I didn't quite know when I got the idea in my head to turn down the opposite end of the hall and drift in the direction of the servant headquarters; those offices near the back where I rarely ventured.

This time of night, nothing but shadows and silence greeted me as I pushed open the door to the lounge where I knew the staff spent their breaks—and where I knew Harper kept the keys to the family vehicles.

Plenty of admonishments ran through my mind as I ruffled through the drawers and scanned the surface of a desk. I hadn't driven in nearly ten years—not since Harper had first taught me in secret on the house grounds. According to Mother's philosophy, women like me didn't need to know how to operate a car when we paid people to do it for us.

If Mother could see me now, fishing a pair of silver keys from a hook on the wall, she'd probably drop dead again.

It took me ages to stumble to the garage. By then my arm had grown numb and every part of me tingled with an icy chill I couldn't escape. My teeth chattered, fingers shaking so badly that the keys jingled like bells.

When I finally found the Rolls Royce, parked within a shadowy corner, I could barely fit the key in the door. The black machine with its tinted windows seemed about as imposing as a snarling beast waiting to swallow me whole. How did one even start a car anyway? Was there some sort of button?

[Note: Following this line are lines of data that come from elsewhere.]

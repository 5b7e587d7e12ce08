-- ===== src/Delta/Values.antt =====
-- A value that `write_value` wrote is read back by `read_value`.
use halospawns_infra.Prelude.{
  ℕ, zero, suc, ◌^◌, ◌≤◌, ◌<◌, ◌≡◌, refl, sym, inl, inr, Bool, true, false, ◌&&◌, not, List, arith,
  ltb, Bool-cases, ==_iff,
}
use halospawns_infra.Prelude.Int.{ℤ, pos, negsuc}
use halospawns_infra.Delta.Reader
use halospawns_infra.Delta.Reader.{M, ◌>>=◌, pure, byte}
use halospawns_infra.Delta.Writer
use halospawns_infra.Delta.Writer.{Write}
use halospawns_infra.Delta.Sync.{Reads, Reads-bytes, Reads-bind, Reads-bind_done, Reads-pure}
use halospawns_infra.Delta.Wire.{Reads-varuint, Reads-string}
use halospawns_infra.Delta.Floats.{
  Floats, Lawful, IsF64, is_finite, is_safe_integer, exact_f32, negative_zero,
}
use halospawns_infra.Delta.Value.{
  Value, null, bool, number, string, array, object, Items, nil, cons, Fields, end, field,
  length_items, length_fields, append_fields, depth, depth_items, depth_fields, IsJson, AllJson,
  FieldsJson,
}
use halospawns_infra.Delta.Keys.{
  Fresh, Fresh-end, Fresh-head, Fresh-tail, insert-fresh, append_fields_assoc, append_fields-end,
}
use halospawns_infra.Delta.Read.{
  from_le, decoded_number, signed_integer, read_integer, read_float32, read_float64, read_string,
  read_items, read_fields, read_array, read_object, read_tagged, read_value,
}
use halospawns_infra.Delta.Write.{
  to_le, sign_byte, unsigned_abs, write_number, write_value, write_items, write_fields,
}

pub Reads-byte : (v : ℕ) → Reads (Writer.byte v) byte (λ a. a ≡ v)
unfolding byte
Reads-byte v = Reads-bytes _ _ v refl (λ rest ss. refl)

pub from_le-to_le_four : (v : ℕ) → v < 2 ^ 32 → from_le (to_le 4 v) ≡ v
unfolding from_le to_le
from_le-to_le_four v h = omega arith

pub from_le-to_le_eight : (v : ℕ) → v < 2 ^ 64 → from_le (to_le 8 v) ≡ v
unfolding from_le to_le
from_le-to_le_eight v h = omega arith

Reads-le_four :
    (v : ℕ) → v < 2 ^ 32 → Reads (Writer.bytes (to_le 4 v)) (Reader.bytes 4) (λ a. from_le a ≡ v)
unfolding to_le Reader.bytes
Reads-le_four v h = Reads-bytes _ _ (to_le 4 v) (from_le-to_le_four v h) (λ rest ss. ground arith)

Reads-le_eight :
    (v : ℕ) → v < 2 ^ 64 → Reads (Writer.bytes (to_le 8 v)) (Reader.bytes 8) (λ a. from_le a ≡ v)
unfolding to_le Reader.bytes
Reads-le_eight v h = Reads-bytes _ _ (to_le 8 v) (from_le-to_le_eight v h) (λ rest ss. ground arith)

signed_integer-abs : (i : ℤ) → signed_integer (sign_byte i) (unsigned_abs i) ≡ i
unfolding signed_integer
signed_integer-abs (pos n) = ground arith
signed_integer-abs (negsuc n) = ground arith

pub depth-pos : (v : Value) → 1 ≤ depth v
unfolding depth
depth-pos (array vs) = omega arith
depth-pos (object fs) = omega arith
depth-pos v = omega arith

module _ (F : Floats) (L : Lawful F) (is_utf8 : List ℕ → Bool) where
  Reads-tagged :
      {P : Value → Type 0} (tag levels : ℕ) (k : Write)
      → Reads k (read_tagged F is_utf8 (read_value F is_utf8 levels) tag) P
      → Reads (Writer.◌>>◌ (Writer.byte tag) k) (read_value F is_utf8 (suc levels)) P
  unfolding read_value
  Reads-tagged tag levels k h =
      Reads-bind _ k _ (read_tagged F is_utf8 (read_value F is_utf8 levels)) (Reads-byte tag)
        (λ a e. rw e h)

  Reads-decoded :
      (v : ℕ)
      → is_finite v ≡ true
      → (w : ℕ) → w ≡ v
      → Reads Writer.done (decoded_number w) (λ a. a ≡ number v)
  unfolding decoded_number
  Reads-decoded v fin w e = rw (e, fin) (Reads-pure (number v) refl)

  -- the three forms of `write_number`
  Reads-integer :
      (v : ℕ)
      → IsF64 v
      → is_finite v ≡ true
      → is_safe_integer F v ≡ true
      → Reads
          (Writer.◌>>◌
            (Writer.byte (sign_byte (F.to_i64 v)))
            (Writer.varuint (unsigned_abs (F.to_i64 v))))
          (read_integer F is_utf8)
          (λ a. a ≡ number v)
  unfolding read_integer
  Reads-integer v bits fin safe =
      Reads-bind _ (Writer.varuint (unsigned_abs (F.to_i64 v))) _ _
        (Reads-byte (sign_byte (F.to_i64 v)))
        λ sign es.
          rw (es, sign_small (F.to_i64 v))
            (Reads-bind_done _ Reader.varuint _ (Reads-varuint (unsigned_abs (F.to_i64 v)))
              λ mag em. rw em (
                Reads-decoded v fin _
                  (rw (signed_integer-abs (F.to_i64 v)) (L.integer_back v bits safe))))
    where
      sign_small : (i : ℤ) → ltb 1 (sign_byte i) ≡ false
      sign_small (pos n) = refl
      sign_small (negsuc n) = refl

  Reads-float32 :
      (v : ℕ)
      → is_finite v ≡ true
      → exact_f32 F v ≡ true
      → Reads (Writer.bytes (to_le 4 (F.narrow v))) (read_float32 F is_utf8) (λ a. a ≡ number v)
  unfolding read_float32 exact_f32
  Reads-float32 v fin exact =
      Reads-bind_done _ _ _ (Reads-le_four (F.narrow v) (L.narrow_lt v))
        λ a e. Reads-decoded v fin _ (rw e ((==_iff _ v).0 exact))

  Reads-float64 :
      (v : ℕ)
      → IsF64 v
      → is_finite v ≡ true
      → Reads (Writer.bytes (to_le 8 v)) (read_float64 F is_utf8) (λ a. a ≡ number v)
  unfolding read_float64
  Reads-float64 v bits fin =
      Reads-bind_done _ _ _ (Reads-le_eight v bits) λ a e. Reads-decoded v fin _ e

  Reads-number :
      (levels v : ℕ)
      → IsF64 v
      → is_finite v ≡ true
      → Reads (write_number F v) (read_value F is_utf8 (suc levels)) (λ a. a ≡ number v)
  unfolding write_number read_tagged
  Reads-number levels v bits fin = elim (Bool-cases (is_safe_integer F v)) [
    | inl safe ↦ rw (fin, safe) (Reads-tagged 3 levels _ (Reads-integer v bits fin safe))
    | inr other ↦ elim (Bool-cases (exact_f32 F v && not (negative_zero v))) [
      | inl exact ↦
          rw (fin, other, exact) (Reads-tagged 4 levels _ (Reads-float32 v fin (ground arith)))
      | inr rest ↦ rw (fin, other, rest) (Reads-tagged 5 levels _ (Reads-float64 v bits fin))
    ]
  ]

  mutual
    unfolding write_value read_tagged read_value read_string read_items read_fields read_array
        read_object IsJson depth length_items length_fields append_fields

    pub read_back :
        (levels : ℕ) (v : Value)
        → IsJson is_utf8 v
        → depth v ≤ levels
        → Reads (write_value F v) (read_value F is_utf8 levels) (λ a. a ≡ v)
    read_back zero v json deep = absurd (omega (arith, depth-pos v))
    read_back (suc levels) null json deep =
        Reads-bind_done _ _ _ (Reads-byte 0) λ a e. rw e (Reads-pure null refl)
    read_back (suc levels) (bool false) json deep =
        Reads-bind_done _ _ _ (Reads-byte 1) λ a e. rw e (Reads-pure (bool false) refl)
    read_back (suc levels) (bool true) json deep =
        Reads-bind_done _ _ _ (Reads-byte 2) λ a e. rw e (Reads-pure (bool true) refl)
    read_back (suc levels) (number v) (bits, fin) deep = Reads-number levels v bits fin
    read_back (suc levels) (string s) json deep = Reads-tagged 6 levels _ (
        Reads-bind_done _ _ _ (Reads-string is_utf8 s json)
          λ a e. rw e (Reads-pure (string s) refl))
    read_back (suc levels) (array vs) json deep = Reads-tagged 7 levels _ (
        Reads-bind _ _ _ _ (Reads-varuint (length_items vs)) λ n e. rw e (
          Reads-bind_done _ _ _ (read_back_items levels vs json (omega arith))
            λ a ea. rw ea (Reads-pure (array vs) refl)))
    read_back (suc levels) (object fs) json deep = Reads-tagged 8 levels _ (
        Reads-bind _ _ _ _ (Reads-varuint (length_fields fs)) λ n e. rw e (
          Reads-bind_done _ _ _ (read_back_fields levels fs end json (Fresh-end fs) (omega arith))
            λ a ea. rw ea (Reads-pure (object fs) refl)))

    read_back_items :
        (levels : ℕ) (vs : Items)
        → AllJson is_utf8 vs
        → depth_items vs ≤ levels
        → Reads
            (write_items F vs)
            (read_items F is_utf8 (length_items vs) (read_value F is_utf8 levels))
            (λ a. a ≡ vs)
    read_back_items levels nil json deep = Reads-pure nil refl
    read_back_items levels (cons v vs) (jv, js) deep =
        Reads-bind _ _ _ _ (read_back levels v jv (omega arith)) λ a e.
          Reads-bind_done _ _ _ (read_back_items levels vs js (omega arith))
            λ b eb. rw (e, eb) (Reads-pure (cons v vs) refl)

    read_back_fields :
        (levels : ℕ) (fs acc : Fields)
        → FieldsJson is_utf8 fs
        → Fresh acc fs
        → depth_fields fs ≤ levels
        → Reads
            (write_fields F fs)
            (read_fields F is_utf8 (length_fields fs) (read_value F is_utf8 levels) acc)
            (λ a. a ≡ append_fields acc fs)
    read_back_fields levels end acc json fresh deep = Reads-pure acc (sym (append_fields-end acc))
    read_back_fields levels (field k v fs) acc (valid, alone, jv, js) fresh deep =
        Reads-bind _ _ _ _ (Reads-string is_utf8 k valid) λ k' ek.
          Reads-bind _ _ _ _ (read_back levels v jv (omega arith)) λ v' ev.
            rw
              (
                ek,
                ev,
                insert-fresh acc k v (Fresh-head acc fs k v fresh),
                ← append_fields_assoc acc (field k v end) fs,
              )
              (read_back_fields levels fs (append_fields acc (field k v end)) js
                (Fresh-tail acc fs k v fresh alone) (omega arith))

  -- If a value is JSON and at most `levels` deep, then whenever `write_value` succeeds,
  -- `read_value` takes exactly its bytes, keeps the texts in step and gives the same value.
  pub Reads-value :
      (levels : ℕ) (v : Value)
      → IsJson is_utf8 v
      → depth v ≤ levels
      → Reads (write_value F v) (read_value F is_utf8 levels) (λ a. a ≡ v)
  Reads-value levels v json deep = read_back levels v json deep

Idiot! A disembodied voice hissed—only this time, it didn't belong to my mother. It was Lisa. Fool, she snarled. A man breaks into your bedroom, mortally wounds you, and your main concern is if the gas pedal is on the left or the right?

My eyes narrowed at the thought and somehow I managed to wrench open the door and climb onto the driver's seat.

I didn't stop to consider that I had no idea how to leave the property let alone navigate the city, or that I was staining priceless leather with my blood. Driven by determination I was able to get the key into the ignition and jerkily maneuver the car to the garage's entrance.

Ten minutes later I was creeping down a side road at a pace more befitting a snail, thankful that the roads were mostly empty this time of night. My trembling hands could barely grip the steering wheel and I strained to see over it in search of a certain, imposing steeple.

Call it luck—or fate—but after a random turn, I glanced up to find the shadowy silhouette of the church of St. Jude the Apostle, and I figured that I was the only person in the world relieved to have found the gate to their own personal hell.